The Alcoholic Beverages Control Commission says Target’s store in the Fenway (above) violated a longstanding state rule that bans retailers from selling alcohol for less than what they paid. David L. Ryan/Globe Staff/File/Globe Staff

The state’s crackdown on super-cheap booze isn’t over.

Regulators at the Alcoholic Beverages Control Commission have cited Target’s store in the Fenway neighborhood of Boston for violating a longstanding state rule that bans retailers from selling alcohol for less than what they paid.
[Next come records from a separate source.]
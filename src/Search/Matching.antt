-- ===== src/Search/Matching.antt =====
-- What a searcher asks for of a row, and that the WHERE of src/babeltower/routes/search.py is this.
use babeltower.Prelude.{
  ℕ, ◌≤◌, String, ◌≡◌, ◌≢◌, refl, Option, none, some, Bool, true, ◌⊎◌, inl, inr, List, [], ◌∷◌,
  ◌==◌, string_eq, arith, All, length, select, find, join_rows, Bool-cases, All-join_rows,
  All-select, column_is, ◌&&◌, ◌||◌, All-unselected, ap, sym, All-mono, In, In-join_rows,
  In-select-from,
}
use mathlib.Core.Option.{some-injective}
use text.Mathlib.TextEquality.{eq_iff}
use babeltower.Models.{Db, Agent, Intent, Block, IntentStatus, intent_status_eq}
use babeltower.World.{Value}
use babeltower.Connections.{with_agent, blocks_between}
use babeltower.Schemas.{SearchRequest}
use babeltower.Search.{distance_threshold, match_type_is, no_block, filters_match, is_candidate}

-- A block joins the two agents, in one direction or the other.
abbrev pub Joins : String → String → Block → Type 0
Joins a_id b_id b =
    ((b.blocker_id ≡ a_id) × (b.blocked_id ≡ b_id))
    ⊎ ((b.blocker_id ≡ b_id) × (b.blocked_id ≡ a_id))

module _ (str : Value → String) (field_text : String → String → Option String)
    (distance : String → String → ℕ) where
  abbrev pub KeepsFilters : List (String × Value) → Intent → Type 0
  KeepsFilters filters i = All (λ f. field_text i.filters f.0 ≡ some (str f.1)) filters

  -- What the searcher asked for, of an intent of the store and the agent that owns it.
  abbrev pub Matches : String → SearchRequest → String → Db → Intent × Agent → Type 0
  Matches agent_id body literal db (i, a) =
      (find (λ x. x.id == i.agent_id) db.agents ≡ some a)
      × (i.status ≡ IntentStatus.active)
      × (match_type_is body.query_intent.match_type i ≡ true)
      × (i.agent_id ≢ agent_id)
      × All (λ b. ¬ Joins agent_id i.agent_id b) db.blocks
      × KeepsFilters body.query_intent.filters i
      × (distance i.embedding literal ≤ distance_threshold)

  Joins-true :
      (a_id b_id : String) (b : Block)
      → Joins a_id b_id b
      → ((b.blocker_id == a_id && b.blocked_id == b_id)
          || (b.blocker_id == b_id && b.blocked_id == a_id))
        ≡ true
  Joins-true a_id b_id b (inl (e, f)) =
      ground (arith, (eq_iff b.blocker_id a_id).1 e, (eq_iff b.blocked_id b_id).1 f)
  Joins-true a_id b_id b (inr (e, f)) =
      ground (arith, (eq_iff b.blocker_id b_id).1 e, (eq_iff b.blocked_id a_id).1 f)

  true-Joins :
      (a_id b_id : String) (b : Block)
      → ((b.blocker_id == a_id && b.blocked_id == b_id)
          || (b.blocker_id == b_id && b.blocked_id == a_id))
        ≡ true
      → Joins a_id b_id b
  true-Joins a_id b_id b h = elim (Bool-cases (b.blocker_id == a_id && b.blocked_id == b_id)) [
    | inl e ↦ inl (
      (eq_iff b.blocker_id a_id).0 (ground (arith, e)),
      (eq_iff b.blocked_id b_id).0 (ground (arith, e)),
    )
    | inr e ↦ inr (
      (eq_iff b.blocker_id b_id).0 (ground (arith, e, h)),
      (eq_iff b.blocked_id a_id).0 (ground (arith, e, h)),
    )
  ]

  no_block-Joins :
      (a_id b_id : String) (db : Db)
      → no_block a_id b_id db ≡ true
      → All (λ b. ¬ Joins a_id b_id b) db.blocks
  unfolding no_block blocks_between
  no_block-Joins a_id b_id db h =
      All-unselected (Joins a_id b_id)
        (λ b.
          (b.blocker_id == a_id && b.blocked_id == b_id)
          || (b.blocker_id == b_id && b.blocked_id == a_id))
        db.blocks (Joins-true a_id b_id) (ground (arith, h))

  Joins-no_block :
      (a_id b_id : String) (db : Db)
      → All (λ b. ¬ Joins a_id b_id b) db.blocks
      → no_block a_id b_id db ≡ true
  unfolding no_block blocks_between select
  Joins-no_block a_id b_id db h =
      let none_left =
        unselected
          (λ b.
            (b.blocker_id == a_id && b.blocked_id == b_id)
            || (b.blocker_id == b_id && b.blocked_id == a_id))
          db.blocks (true-Joins a_id b_id) h in
      ground (arith, none_left)
    where
      unselected :
          (p : Block → Bool) (xs : List Block)
          → ((b : Block) → p b ≡ true → Joins a_id b_id b)
          → All (λ b. ¬ Joins a_id b_id b) xs
          → length (select p xs) ≤ 0
      unselected p [] t k = omega arith
      unselected p (b ∷ rest) t k = elim (Bool-cases (p b)) [
        | inl e ↦ absurd (k.0 (t b e))
        | inr e ↦ ground (arith, e, unselected p rest t k.1)
      ]

  column_is-some : (o : Option String) (v : String) → column_is o v ≡ true → o ≡ some v
  column_is-some none v h = ground arith
  column_is-some (some c) v h = ap some ((eq_iff c v).0 h)

  some-column_is : (o : Option String) (v : String) → o ≡ some v → column_is o v ≡ true
  some-column_is none v e = ground (arith, e)
  some-column_is (some c) v e = (eq_iff c v).1 (some-injective c v e)

  filters_match-KeepsFilters :
      (filters : List (String × Value)) (i : Intent)
      → filters_match str field_text distance filters i ≡ true
      → KeepsFilters filters i
  filters_match-KeepsFilters [] i h = tt
  filters_match-KeepsFilters ((key, value) ∷ rest) i h = (
    column_is-some (field_text i.filters key) (str value) (ground (arith, h)),
    filters_match-KeepsFilters rest i (ground (arith, h)),
  )

  KeepsFilters-filters_match :
      (filters : List (String × Value)) (i : Intent)
      → KeepsFilters filters i
      → filters_match str field_text distance filters i ≡ true
  KeepsFilters-filters_match [] i h = refl
  KeepsFilters-filters_match ((key, value) ∷ rest) i h = ground (
    arith,
    some-column_is (field_text i.filters key) (str value) h.0,
    KeepsFilters-filters_match rest i h.1,
  )

  paired :
      (i : Intent) (o : Option Agent) (row : Intent × Agent)
      → (elim o [ none ↦ none | some a ↦ some (i, a) ]) ≡ some row
      → (row.0 ≡ i) × (o ≡ some row.1)
  paired i none row e = absurd (ground (arith, e))
  paired i (some a) row e = (sym (ap (λ o. (from o).0) e), ap (λ o. some (from o).1) e)
    where
      from : Option (Intent × Agent) → Intent × Agent
      from none = row
      from (some x) = x

  with_agent-find :
      (db : Db) (i : Intent) (row : Intent × Agent)
      → with_agent db i ≡ some row
      → find (λ x. x.id == row.0.agent_id) db.agents ≡ some row.1
  with_agent-find db i row e =
      let both = paired i (find (λ x. x.id == i.agent_id) db.agents) row e in rw both.0 both.1

  is_candidate-Matches :
      (agent_id : String) (body : SearchRequest) (literal : String) (db : Db) (row : Intent × Agent)
      → find (λ x. x.id == row.0.agent_id) db.agents ≡ some row.1
      → is_candidate str field_text distance agent_id body literal db row ≡ true
      → Matches agent_id body literal db row
  unfolding is_candidate
  is_candidate-Matches agent_id body literal db (i, a) e h = (
    e,
    (intent_status_eq.equals_iff i.status IntentStatus.active).0 (ground (arith, h)),
    ground (arith, h),
    λ q. ground (arith, h, (eq_iff i.agent_id agent_id).1 q),
    no_block-Joins agent_id i.agent_id db (ground (arith, h)),
    filters_match-KeepsFilters body.query_intent.filters i (ground (arith, h)),
    ground (arith, h),
  )

  Matches-is_candidate :
      (agent_id : String) (body : SearchRequest) (literal : String) (db : Db) (row : Intent × Agent)
      → Matches agent_id body literal db row
      → is_candidate str field_text distance agent_id body literal db row ≡ true
  unfolding is_candidate
  Matches-is_candidate agent_id body literal db (i, a) (_, active, type, other, apart, kept, near) =
      let is_active = (intent_status_eq.equals_iff i.status IntentStatus.active).1 active in
      let is_apart = Joins-no_block agent_id i.agent_id db apart in
      let is_kept = KeepsFilters-filters_match body.query_intent.filters i kept in
      elim (Bool-cases (i.agent_id == agent_id)) [
        | inl e ↦ absurd (other ((eq_iff i.agent_id agent_id).0 e))
        | inr e ↦ ground (arith, is_active, type, e, is_apart, is_kept, near)
      ]

  -- A row of the store that matches is one that the WHERE keeps.
  pub matching-In :
      (agent_id : String) (body : SearchRequest) (literal : String) (db : Db) (row : Intent × Agent)
      → In row.0 db.intents
      → Matches agent_id body literal db row
      → In row (
          select
            (is_candidate str field_text distance agent_id body literal db)
            (join_rows (with_agent db) db.intents))
  matching-In agent_id body literal db (i, a) here h =
      let joined : with_agent db i ≡ some (i, a) = rw (with_agent, h.0) in
      In-select-from (is_candidate str field_text distance agent_id body literal db)
        (join_rows (with_agent db) db.intents)
        ((In-join_rows (with_agent db) db.intents).1 (i, here, joined))
        (Matches-is_candidate agent_id body literal db (i, a) h)

  pub matching-Matches :
      (agent_id : String) (body : SearchRequest) (literal : String) (db : Db)
      → All (Matches agent_id body literal db) (
          select
            (is_candidate str field_text distance agent_id body literal db)
            (join_rows (with_agent db) db.intents))
  matching-Matches agent_id body literal db =
      let rows = join_rows (with_agent db) db.intents in
      let joined =
        λ (row : Intent × Agent). find (λ x. x.id == row.0.agent_id) db.agents ≡ some row.1 in
      let p = is_candidate str field_text distance agent_id body literal db in
      All-mono (λ row. joined row × (p row ≡ true)) (Matches agent_id body literal db)
        (select p rows) (λ row h. is_candidate-Matches agent_id body literal db row h.0 h.1)
        (All-select joined p rows
          (All-join_rows joined (with_agent db) db.intents (with_agent-find db)))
In December, the ABCC said, Target’s huge Boylston Street location briefly offered 15-can packs of Founders All Day IPA for $11.99. But when ABCC investigators — following up on a complaint about the deal — showed up and asked a Target manager for invoices, the records indicated the store had paid its wholesaler $14.25 for each pack.
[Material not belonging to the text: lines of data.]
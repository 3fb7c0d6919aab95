-- ===== src/Search/Nearest.antt =====
-- What a search of src/babeltower/routes/search.py promises, and that its query keeps it.
use babeltower.Prelude.{
  ℕ, ◌≤◌, ◌+◌, String, ◌≡◌, refl, Option, Bool, true, false, ◌⊎◌, List, [], map, string_eq, arith,
  All, count, length, select, sort_by, drop, join_rows, IsSorted, All-sort_by, All-take,
  count-sort_by, count-take-drop, drop-cases, length-take, sort_by-IsSorted, IsSorted-take,
  take_first, In, In-sort_by, In-take-drop, ◌∙◌,
}
use babeltower.Models.{Db, Agent, Intent, intent_status_eq}
use babeltower.World.{World, Json, Value}
use babeltower.Exec.{Result, ok}
use babeltower.Connections.{with_agent}
use babeltower.Schemas.{SearchRequest, SearchCandidate}
use babeltower.Search.Matching.{Matches, matching-Matches, matching-In}
use babeltower.Search.{
  embedding_literal, is_candidate, nearer, candidate, candidate_rows, search_intents,
}

module _ (str : Value → String) (field_text : String → String → Option String)
    (distance : String → String → ℕ) where
  nearer_total :
      (literal : String) (x y : Intent × Agent)
      → nearer str field_text distance literal x y ≡ false
      → nearer str field_text distance literal y x ≡ true
  nearer_total literal (i, _) (j, _) h = ground (arith, h)

  nearer_trans :
      (literal : String) (x y z : Intent × Agent)
      → nearer str field_text distance literal x y ≡ true
      → nearer str field_text distance literal y z ≡ true
      → nearer str field_text distance literal x z ≡ true
  nearer_trans literal (i, _) (j, _) (k, _) h g = ground (arith, h, g)

  -- The promise of a search: `rows` is an answer to it, `left` are the rows that it leaves out.
  abbrev pub IsNearest :
      String → SearchRequest → String → Db → List (Intent × Agent) → List (Intent × Agent) → Type 0
  IsNearest agent_id body literal db rows left =
      All (Matches str field_text distance agent_id body literal db) rows
      × IsSorted (nearer str field_text distance literal) rows
      × (length rows ≤ body.max_results)
      × All (λ x. All (λ y. nearer str field_text distance literal x y ≡ true) left) rows
      × ((left ≡ []) ⊎ (length rows ≡ body.max_results))
      × ((row : Intent × Agent)
          → In row.0 db.intents
          → Matches str field_text distance agent_id body literal db row
          → In row rows ⊎ In row left)
      × ((p : Intent × Agent → Bool)
          → count p rows + count p left
            ≡ count p (
                select (is_candidate str field_text distance agent_id body literal db)
                  (join_rows (with_agent db) db.intents)))

  pub candidate_rows-IsNearest :
      (agent_id : String) (body : SearchRequest) (literal : String) (db : Db)
      → (left : List (Intent × Agent)) × IsNearest agent_id body literal db
          (candidate_rows str field_text distance agent_id body literal db)
          left
  unfolding candidate_rows
  candidate_rows-IsNearest agent_id body literal db =
      let le = nearer str field_text distance literal in
      let matching =
        select (is_candidate str field_text distance agent_id body literal db)
          (join_rows (with_agent db) db.intents) in
      let sorted = sort_by le matching in
      let IsSorted-sorted =
        sort_by-IsSorted le (nearer_total literal) (nearer_trans literal) matching in
      (
        drop body.max_results sorted,
        (
          All-take (Matches str field_text distance agent_id body literal db) body.max_results
              sorted
              (All-sort_by (Matches str field_text distance agent_id body literal db) le matching
                (matching-Matches str field_text distance agent_id body literal db)),
          IsSorted-take le body.max_results sorted IsSorted-sorted,
          length-take body.max_results sorted,
          take_first le body.max_results sorted IsSorted-sorted,
          drop-cases body.max_results sorted,
          λ row here h. In-take-drop body.max_results sorted row (
              (In-sort_by le matching row).1
                (matching-In str field_text distance agent_id body literal db row here h)),
          λ p. count-take-drop p body.max_results sorted ∙ count-sort_by le p matching,
        ),
      )

  -- `p` is what a search returns and leaves.
  abbrev pub IsSearch :
      Agent → SearchRequest → Json → World → Result (List SearchCandidate) × World → Type 0
  IsSearch agent body embedding w p =
      let literal = embedding_literal embedding in
      (rows : List (Intent × Agent)) × (left : List (Intent × Agent)) × (p
        ≡ (ok (map (candidate str field_text distance literal) rows), w))
      × IsNearest agent.id body literal w.work rows left

  -- A search answers with the candidates of rows that match it, nearest first and at most
  -- `max_results` of them: each is an active intent of another agent, with no block between the
  -- two, that has the match type and the filters asked for and is no farther than the threshold.
  -- Every intent of the store that matches is among them or among the rows left out; those are no
  -- nearer than any that it gives, and there are none unless the limit is reached.
  pub search_intents-IsNearest :
      (agent : Agent) (body : SearchRequest) (embedding : Json) (w : World)
      → IsSearch agent body embedding w
          (search_intents str field_text distance agent body embedding w)
  unfolding search_intents
  search_intents-IsNearest agent body embedding w =
      let literal = embedding_literal embedding in
      let rest = candidate_rows-IsNearest agent.id body literal w.work in
      (candidate_rows str field_text distance agent.id body literal w.work, rest.0, refl, rest.1)
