-- ===== src/Blocks/Hidden.antt =====
-- A block, src/babeltower/routes/blocks.py, and the searches of its two agents,
-- src/babeltower/routes/search.py.
use babeltower.Prelude.{
  ℕ, String, ◌≡◌, ◌≢◌, sym, subst, All-In, All-mono, Option, true, inl, inr, arith, All, string_eq,
}
use text.Mathlib.TextEquality.{eq_iff}
use babeltower.Models.{Db, Block, session_status_eq}
use babeltower.World.{Value}
use babeltower.Schemas.{SearchRequest}
use babeltower.Search.{candidate_rows}
use babeltower.Search.Matching.{Joins, Matches}
use babeltower.Search.Nearest.{candidate_rows-IsNearest}
use babeltower.Blocks.{is_block}
use babeltower.Blocks.Apart.{HasBlock}

HasBlock-Joins :
    (a_id b_id : String) (b : Block)
    → is_block a_id b_id b ≡ true
    → Joins a_id b_id b × Joins b_id a_id b
HasBlock-Joins a_id b_id b h =
    let from = (eq_iff b.blocker_id a_id).0 (ground (arith, h)) in
    let to = (eq_iff b.blocked_id b_id).0 (ground (arith, h)) in (inl (from, to), inr (from, to))

-- Where a block is committed, a search by either of the two agents gives no intent of the other.
pub candidate_rows-unblocked :
    (str : Value → String) (field_text : String → String → Option String)
    (distance : String → String → ℕ) (a_id b_id : String) (body : SearchRequest) (literal : String)
    (db : Db)
    → HasBlock a_id b_id db
    → All
        (λ row. row.0.agent_id ≢ b_id)
        (candidate_rows str field_text distance a_id body literal db)
      × All
          (λ row. row.0.agent_id ≢ a_id)
          (candidate_rows str field_text distance b_id body literal db)
candidate_rows-unblocked str field_text distance a_id b_id body literal db (b, i, t) =
    let joins = HasBlock-Joins a_id b_id b t in
    let rows = λ (id : String). candidate_rows str field_text distance id body literal db in
    let matching =
      λ (id : String). (candidate_rows-IsNearest str field_text distance id body literal db).1.0 in
    (
      All-mono (Matches str field_text distance a_id body literal db) (λ row. row.0.agent_id ≢ b_id)
          (rows a_id)
          (λ row m e.
            All-In _ db.blocks {x = b} m.4 i (subst (λ c. Joins a_id c b) (sym e) joins.0))
          (matching a_id),
      All-mono (Matches str field_text distance b_id body literal db) (λ row. row.0.agent_id ≢ a_id)
          (rows b_id)
          (λ row m e.
            All-In _ db.blocks {x = b} m.4 i (subst (λ c. Joins b_id c b) (sym e) joins.1))
          (matching b_id),
    )
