-- ===== src/Moderation/Bans.antt =====
-- What a soft ban does to the tables: `apply_soft_ban` and `check_and_apply_soft_ban` of
-- src/babeltower/moderation.py.
use babeltower.Prelude.{
  ℕ, ◌+◌, ◌≤◌, String, ◌≡◌, refl, Option, none, some, Bool, true, false, List, [], ◌∷◌, inl, inr,
  Bool-cases, arith, ◌==◌, string_eq, ◌||◌, find, count, find_own, ◌≢◌, ◌⊎◌, update_where,
  update_row, count-update-le, find-update_row,
}
use babeltower.Models.{Db, Agent, Intent, AgentStatus, agent_status_eq, days}
use babeltower.World.{World}
use babeltower.Exec.{Result, ok}
use babeltower.Moderation.{
  Reason, ban_db, apply_soft_ban, ban_if, ban_reason, check_agent, check_and_apply_soft_ban,
  banned_until, is_active_intent_of, sleep,
}
use babeltower.Intents.{count_active_intents, is_active_of}

all_asleep :
    (agent_id : String) (xs : List Intent)
    → count (is_active_of agent_id) (update_where (is_active_intent_of agent_id) sleep xs) ≡ 0
unfolding count update_where
all_asleep agent_id [] = refl
all_asleep agent_id (x ∷ xs) = ground (arith, all_asleep agent_id xs)

-- No agent has more active intents after a ban than before.
pub ban_db-count_active_intents :
    (event_id agent_id other : String) (reason : Reason) (now : ℕ) (db : Db)
    → count_active_intents other (ban_db event_id agent_id reason now db)
      ≤ count_active_intents other db
unfolding ban_db count_active_intents
ban_db-count_active_intents event_id agent_id other reason now db =
    count-update-le (is_active_of other) (is_active_intent_of agent_id) sleep db.intents
      (λ i h k. ground arith)

-- The agent is banned until the given time, and none of its intents is active.
pub record IsBanned (agent : Agent) (until : ℕ) (db : Db) : Type 0 where
  pub row : find (λ a. a.id == agent.id) db.agents ≡ some (banned_until until agent)
  pub silent : count_active_intents agent.id db ≡ 0

pub ban_db-IsBanned :
    (event_id : String) (agent : Agent) (reason : Reason) (now : ℕ) (db : Db)
    → find (λ a. a.id == agent.id) db.agents ≡ some agent
    → IsBanned agent (now + days 7) (ban_db event_id agent.id reason now db)
unfolding ban_db count_active_intents
ban_db-IsBanned event_id agent reason now db e = record {
  row =
      find-update_row (λ a. a.id == agent.id) (banned_until (now + days 7)) db.agents (λ a h. h) e;
  silent = all_asleep agent.id db.intents;
}

module _ (other : String) where
  abbrev active_in : World → ℕ
  active_in w = count_active_intents other w.work

  apply_soft_ban-active :
      (event_id : String) (agent : Agent) (reason : Reason) (now : ℕ) (w : World)
      → active_in (apply_soft_ban event_id agent reason now w).1 ≤ active_in w
  unfolding apply_soft_ban
  apply_soft_ban-active event_id agent reason now w =
      elim (Bool-cases (agent.status == AgentStatus.soft_banned)) [
        | inl t ↦ rw t (omega arith)
        | inr t ↦ rw t (ban_db-count_active_intents event_id agent.id other reason now w.work)
      ]

  ban_if-active :
      (event_id : String) (agent : Agent) (now : ℕ) (o : Option Reason) (w : World)
      → active_in (ban_if event_id agent now o w).1 ≤ active_in w
  unfolding ban_if
  ban_if-active event_id agent now none w = omega arith
  ban_if-active event_id agent now (some reason) w =
      apply_soft_ban-active event_id agent reason now w

  check_agent-active :
      (event_id : String) (now : ℕ) (o : Option Agent) (w : World)
      → active_in (check_agent event_id now o w).1 ≤ active_in w
  unfolding check_agent
  check_agent-active event_id now none w = omega arith
  check_agent-active event_id now (some agent) w =
      elim (Bool-cases (
        agent.status == AgentStatus.soft_banned
        || (agent.status == AgentStatus.hard_banned || agent.status == AgentStatus.deleted))) [
          | inl t ↦ rw t (omega arith)
          | inr t ↦ rw t (ban_if-active event_id agent now (ban_reason agent.id now w.work) w)
        ]

  pub check_and_apply_soft_ban-active :
      (event_id agent_id : String) (now : ℕ) (w : World)
      → active_in (check_and_apply_soft_ban event_id agent_id now w).1 ≤ active_in w
  unfolding check_and_apply_soft_ban
  check_and_apply_soft_ban-active event_id agent_id now w =
      check_agent-active event_id now (find (λ a. a.id == agent_id) w.work.agents) w

-- What a check leaves: it changes nothing, or it finds the agent and a reason for the ban, and bans.
pub record Bans (id : String) (now : ℕ) (w : World) (p : Result Bool × World) : Type 0 where
  pub agent : Agent
  pub reason : Reason
  pub found : find (λ a. a.id == id) w.work.agents ≡ some agent
  pub free : agent.status ≢ AgentStatus.soft_banned
  pub because : ban_reason agent.id now w.work ≡ some reason
  pub says : p.0 ≡ ok true
  pub banned : IsBanned agent (now + days 7) p.1.work
  pub uncommitted : p.1.store ≡ w.store
  pub requests : p.1.work.connection_requests ≡ w.work.connection_requests
  pub sessions : p.1.work.sessions ≡ w.work.sessions
  pub blocks : p.1.work.blocks ≡ w.work.blocks
  pub agents :
      p.1.work.agents
      ≡ update_row (λ a. a.id == agent.id) (banned_until (now + days 7)) w.work.agents
  pub intents : p.1.work.intents ≡ update_where (is_active_intent_of agent.id) sleep w.work.intents
  pub counted : p.1.metrics.soft_bans_applied_total ≡ w.metrics.soft_bans_applied_total + 1

module _ (event_id id : String) (now : ℕ) (w : World) where
  abbrev pub Checked : Result Bool × World → Type 0
  Checked p = (p ≡ (ok false, w)) ⊎ Bans id now w p

  pub apply_soft_ban-Bans :
      (a : Agent) (reason : Reason)
      → find (λ b. b.id == id) w.work.agents ≡ some a
      → a.status == AgentStatus.soft_banned ≡ false
      → ban_reason a.id now w.work ≡ some reason
      → Bans id now w (apply_soft_ban event_id a reason now w)
  unfolding apply_soft_ban
  apply_soft_ban-Bans a reason e s r = rw s (record {
    agent = a;
    reason = reason;
    found = e;
    free = λ h. ground (arith, s, h);
    because = r;
    says = refl;
    banned = ban_db-IsBanned event_id a reason now w.work (find_own (λ b. b.id) id w.work.agents e);
    uncommitted = refl;
    requests = refl;
    sessions = refl;
    blocks = refl;
    agents = refl;
    intents = refl;
    counted = refl;
  })

  ban_if-Checked :
      (a : Agent) (o : Option Reason)
      → find (λ b. b.id == id) w.work.agents ≡ some a
      → a.status == AgentStatus.soft_banned ≡ false
      → ban_reason a.id now w.work ≡ o
      → Checked (ban_if event_id a now o w)
  unfolding ban_if
  ban_if-Checked a none e s r = inl refl
  ban_if-Checked a (some reason) e s r = inr (apply_soft_ban-Bans a reason e s r)

  check_agent-Checked :
      (o : Option Agent)
      → find (λ b. b.id == id) w.work.agents ≡ o
      → Checked (check_agent event_id now o w)
  unfolding check_agent
  check_agent-Checked none e = inl refl
  check_agent-Checked (some a) e =
      elim (Bool-cases (
        a.status == AgentStatus.soft_banned
        || (a.status == AgentStatus.hard_banned || a.status == AgentStatus.deleted))) [
          | inl t ↦ rw t (inl refl)
          | inr t ↦ rw t (ban_if-Checked a (ban_reason a.id now w.work) e (ground (arith, t)) refl)
        ]

-- The check for a soft ban of an agent either returns False and changes nothing, or finds the
-- agent's row, not soft-banned, and a reason in the counts, and returns True; then the row is
-- soft-banned until seven days from now, none of the agent's intents is active, and the ban is
-- counted once.
pub check_and_apply_soft_ban-Checked :
    (event_id id : String) (now : ℕ) (w : World)
    → Checked event_id id now w (check_and_apply_soft_ban event_id id now w)
unfolding check_and_apply_soft_ban
check_and_apply_soft_ban-Checked event_id id now w =
    check_agent-Checked event_id id now w (find (λ a. a.id == id) w.work.agents) refl

pub check_and_apply_soft_ban-store :
    (event_id id : String) (now : ℕ) (w : World)
    → (check_and_apply_soft_ban event_id id now w).1.store ≡ w.store
check_and_apply_soft_ban-store event_id id now w =
    elim (check_and_apply_soft_ban-Checked event_id id now w) [
      | inl e ↦ rw e refl
      | inr b ↦ b.uncommitted
    ]

pub check_and_apply_soft_ban-requests :
    (event_id id : String) (now : ℕ) (w : World)
    → (check_and_apply_soft_ban event_id id now w).1.work.connection_requests
      ≡ w.work.connection_requests
check_and_apply_soft_ban-requests event_id id now w =
    elim (check_and_apply_soft_ban-Checked event_id id now w) [
      | inl e ↦ rw e refl
      | inr b ↦ b.requests
    ]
Target faces a May 23 hearing on the alleged underpricing. If ABCC commissioners rule that a violation occurred, they could issue a warning or suspend the store’s liquor license. (Alcohol licensees are often allowed to pay a fine rather than shut down, however.)
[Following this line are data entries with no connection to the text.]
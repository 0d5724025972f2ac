-- ===== src/Connections.antt =====
-- server/internal/connections: a user's authorization of an integration, from the connect link through
-- the OAuth handshake, token refresh and reconciliation to the tokens that an execution gets.
pub mod Types
pub mod Errors
pub mod Memory
pub mod Ports
pub mod Facade
pub mod Templates
pub mod Refresh
pub mod Handshake
pub mod Access
pub mod History
pub mod Invariant
mod Examples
In a brief statement, a Target spokeswoman suggested the low price was an unintentional error and said the company’s stores “work to comply with all state guidelines on liquor pricing.”

“One item at a Boston store was temporarily listed with an incorrect sale price,” the spokeswoman said. “We updated the price as soon as it was brought to our attention.”

Target is the third large retailer to have been charged with underpricing in recent months. In October, the ABCC warned the Shaw’s supermarket in Franklin for charging $19.99 for 30-packs of beer that cost it $20.60 at wholesale. And in January, it suspended the license of the country’s largest alcohol retailer, Total Wine & More, for allegedly selling Smirnoff vodka, Bacardi rum, and other liquors for $1 to $6 below their wholesale costs at its Everett and Natick shops.

The citations represent a sharp uptick in enforcement of a rule that was last applied in 2013, according to the ABCC’s calendar of hearings. In each of the recent cases, the citations stemmed from anonymous complaints, which regulators have acknowledged probably came from independent package stores.


Smaller shops have complained repeatedly that they will be driven out of business if large retailers that already get volume discounts from their wholesalers are allowed to implement predatory “loss-leader” pricing schemes.

State officials have also defended the regulation, arguing that a race to the bottom on alcohol prices would lead to excessive consumption.

But Total Wine, which was cited several times for alleged underpricing and acknowledged ongoing investigations into more possible violations, has challenged its license suspension. In a lawsuit it filed this year against the ABCC, the company said state pricing restrictions are a form of government-sponsored protectionism, sheltering small retailers from competition while driving up prices for consumers. That case is pending in court.

The debate over minimum pricing is heating up amid changing dynamics in the state’s retail alcohol market. Under a 2011 state law, the number of retail alcohol licenses a single company can hold was increased to five from three in 2012, and then to seven in 2016. The final increase, to nine licenses, will take effect in 2020.